"Well, how do you do?" said the alert voice of Mrs. Marble by her side.
"Sort o' close, aint it?"

"Rather."

"The city aint a place for Christians to live in, when it gets to this time; anyhow, not for Christians that aint good and strong. I'd like to put you out to pasture somewheres."

"She won't go," said Rotha longingly.

"I am, very comfortable here," said the invalid faintly.

"Comfortable! well, I feel as if you ought to be top of a mountain somewheres; out o' this. I'd like to; but I guess I'm a fixtur. Mr. Digby I'd find ways and means, I'll engage," she said, eyeing the sick woman with kindly interest and concern, who however only shook her head.

"Could you eat your strawberries?" she asked presently.

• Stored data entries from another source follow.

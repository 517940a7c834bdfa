-- ===== src/Executions/Completion.antt =====
-- `complete_task` as a whole: what it answers, and that it keeps the invariant.
use automation_platform.Base.{
  ap, sym, ◌∙◌, ◌<◌, ◌≡◌, ◌↔◌, refl, Bool, true, false, ◌&&◌, none, some, [], arith, ◌==◌,
  if◌then◌else◌, contains, count, Option-cases, inl, inr, filter_by, Bool-cases,
}
use automation_platform.Domain.{Uuid, TaskStatus, WorkflowStatus}
use automation_platform.Table.{
  find, find-update, find_of_In, any-true-In, update-UniqueKeys, patch, accept, of_option,
  filter_by_key, update_where_none, UniqueKeys,
}
use automation_platform.Executions.{
  TaskRow, WorkflowRow, Store, task_key, task, workflow, is_running, completed,
  update_child_dependencies, complete_workflow_if_finished, complete_task,
  CompleteTaskExecutionRequest, CompleteTaskExecutionResult,
}
use automation_platform.Executions.Effects.{contains-update_child_dependencies}
use automation_platform.Executions.Invariant.{Sound, done, is_done, unmet, unmet_same}
use automation_platform.Executions.Complete.{
  marked, after, after-Sound, fewer, complete_workflow-Sound, complete_workflow_answer, unfinished,
  all_finished,
}

module _ (request : CompleteTaskExecutionRequest) (s : Store) where
  abbrev it : TaskRow → Bool
  it r = r.id == request.task_execution_id && is_running r.status

  running_row :
      UniqueKeys task_key s.tasks
      → filter_by it s.tasks
        ≡ of_option (accept (λ r. is_running r.status) (task request.task_execution_id s))
  running_row u =
      filter_by_key task_key request.task_execution_id (λ r. is_running r.status) s.tasks u

  -- A task that is not running, because another worker has already ended it or because it does not
  -- exist, is left alone: no child is released and no row changes.
  pub complete_task_refused :
      UniqueKeys task_key s.tasks
      → accept (λ r. is_running r.status) (task request.task_execution_id s) ≡ none
      → complete_task request s
        ≡ (record { runnable_task_execution_ids = []; workflow_completed = false }, s)
  unfolding complete_task
  complete_task_refused u n =
      let nothing : filter_by it s.tasks ≡ [] = running_row u ∙ ap of_option n in
      ground (arith, nothing, update_where_none it (completed request) s.tasks nothing)

  module _ (t : TaskRow) (v : Sound s) (h : task request.task_execution_id s ≡ some t)
      (running : t.status ≡ TaskStatus.running) where
    abbrev pub released : Store
    released = after request s t v h running

    pub complete_task_running : complete_task request s ≡ (
      record {
        runnable_task_execution_ids =
            (update_child_dependencies t.child_task_ids (marked request s t v h running)).0;
        workflow_completed =
            (complete_workflow_if_finished t.workflow_execution_id request.completed_at released).0;
      },
      (complete_workflow_if_finished t.workflow_execution_id request.completed_at released).1,
    )
    unfolding complete_task
    complete_task_running = ground (arith, running_row v.unique, h, running)

    -- The workflow's row is all that the last statement touches.
    pub same_tasks : (complete_task request s).1.tasks ≡ released.tasks
    unfolding complete_workflow_if_finished
    same_tasks = ap (λ (r : CompleteTaskExecutionResult × Store). r.1.tasks) complete_task_running

    same_done : (p : Uuid) → done (complete_task request s).1 p ≡ done released p
    same_done p = ap (λ ts. is_done (find task_key p ts)) same_tasks

    marked_row :
        (j : Uuid) (r : TaskRow)
        → task j s ≡ some r
        → find task_key j (marked request s t v h running)
          ≡ some (if it r then completed request r else r)
    marked_row j r e =
        find-update task_key it (completed request) (λ _. refl) j s.tasks
        ∙ ap (patch it (completed request)) e

    -- Exactly the pending children that have no unmet parent left after this completion become
    -- runnable.
    pub complete_task_releases :
        (j : Uuid) (r : TaskRow)
        → task j s ≡ some r
        → (contains j (complete_task request s).0.runnable_task_execution_ids ≡ true) ↔ (
            (r.status ≡ TaskStatus.pending)
            × (0 < count request.task_execution_id r.parent_task_ids)
            × (unmet (done (complete_task request s).1) r.parent_task_ids ≡ 0))
    complete_task_releases j r e =
        let listed =
          contains-update_child_dependencies j t.child_task_ids (marked request s t v h running)
            (update-UniqueKeys task_key it (completed request) (λ _. refl) s.tasks v.unique) in
        let less = fewer request s t v h running r in
        let left =
          unmet_same (done released) (done (complete_task request s).1) same_done
            r.parent_task_ids in
        let link = v.linked request.task_execution_id j t r h e in
        let row = marked_row j r e in
        (
          λ c.
              ground (arith, complete_task_running, listed, less, left, link, row, v.counted j r e),
          λ c.
              ground (arith, complete_task_running, listed, less, left, link, row, v.counted j r e),
        )

    -- The answer reports the workflow as completed exactly when it was running and every task of it
    -- is completed now.
    pub complete_task_finishes_workflow :
        (x : WorkflowRow)
        → workflow t.workflow_execution_id s ≡ some x
        → ((complete_task request s).0.workflow_completed ≡ true) ↔ (
            (x.status ≡ WorkflowStatus.running)
            × ((i : Uuid) (r : TaskRow)
                → task i (complete_task request s).1 ≡ some r
                → r.workflow_execution_id ≡ t.workflow_execution_id
                → r.status ≡ TaskStatus.completed))
    complete_task_finishes_workflow x e =
        let v' = after-Sound request s t v h running in
        let answer =
          complete_workflow_answer t.workflow_execution_id request.completed_at released v' x e in
        let whole =
          ap (λ (r : CompleteTaskExecutionResult × Store). r.0.workflow_completed)
            complete_task_running in
        (
          λ c. (
            ground (arith, answer, whole),
            λ i r hr own.
                all_finished t.workflow_execution_id request.completed_at released v' i r
                  (ap (find task_key i) (sym same_tasks) ∙ hr) (ground (arith, answer, whole)) own,
          ),
          λ c.
              elim (Bool-cases
                (unfinished t.workflow_execution_id request.completed_at released v')) [
                  | inr f ↦ ground (arith, answer, whole, c.0)
                  | inl u ↦
                      let (r, i, bad) = any-true-In _ released.tasks u in
                      let hr = find_of_In task_key r released.tasks v'.unique i in
                      ground (arith, bad, c.1 r.id r (ap (find task_key r.id) same_tasks ∙ hr))
                ],
        )

-- Whatever task is named, completing it keeps the invariant.
pub complete_task-Sound :
    (request : CompleteTaskExecutionRequest) (s : Store)
    → Sound s
    → Sound (complete_task request s).1
complete_task-Sound request s v = elim (Option-cases (task request.task_execution_id s)) [
  | inl n ↦ rw (complete_task_refused request s v.unique (ground arith)) v
  | inr (t, h) ↦ elim (Bool-cases (is_running t.status)) [
    | inr idle ↦ rw (complete_task_refused request s v.unique (ground arith)) v
    | inl busy ↦
        let running : t.status ≡ TaskStatus.running = ground arith in
        rw (complete_task_running request s t v h running) (
          complete_workflow-Sound t.workflow_execution_id request.completed_at
            (after request s t v h running) (after-Sound request s t v h running))
  ]
]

"A few of them. They were very nice."

"I never see such berries. They must have been raised somewhere in Gulliver's Brobdignay; and Gulliver don't send 'em round in these parts. I thought, maybe you'd pay 'em the compliment to eat 'em; but when appetite's gone, it's no use to have big strawberries. That's what I thought a breath of hilly air somewheres would do for you."

And Mrs. Marble presently went away, shaking her head, just as Mr. Digby came in; exchanging a look with him as she passed. Mr. Digby came up to the window, and greeted Mrs. Carpenter with the gentle affectionate reverence he always shewed her.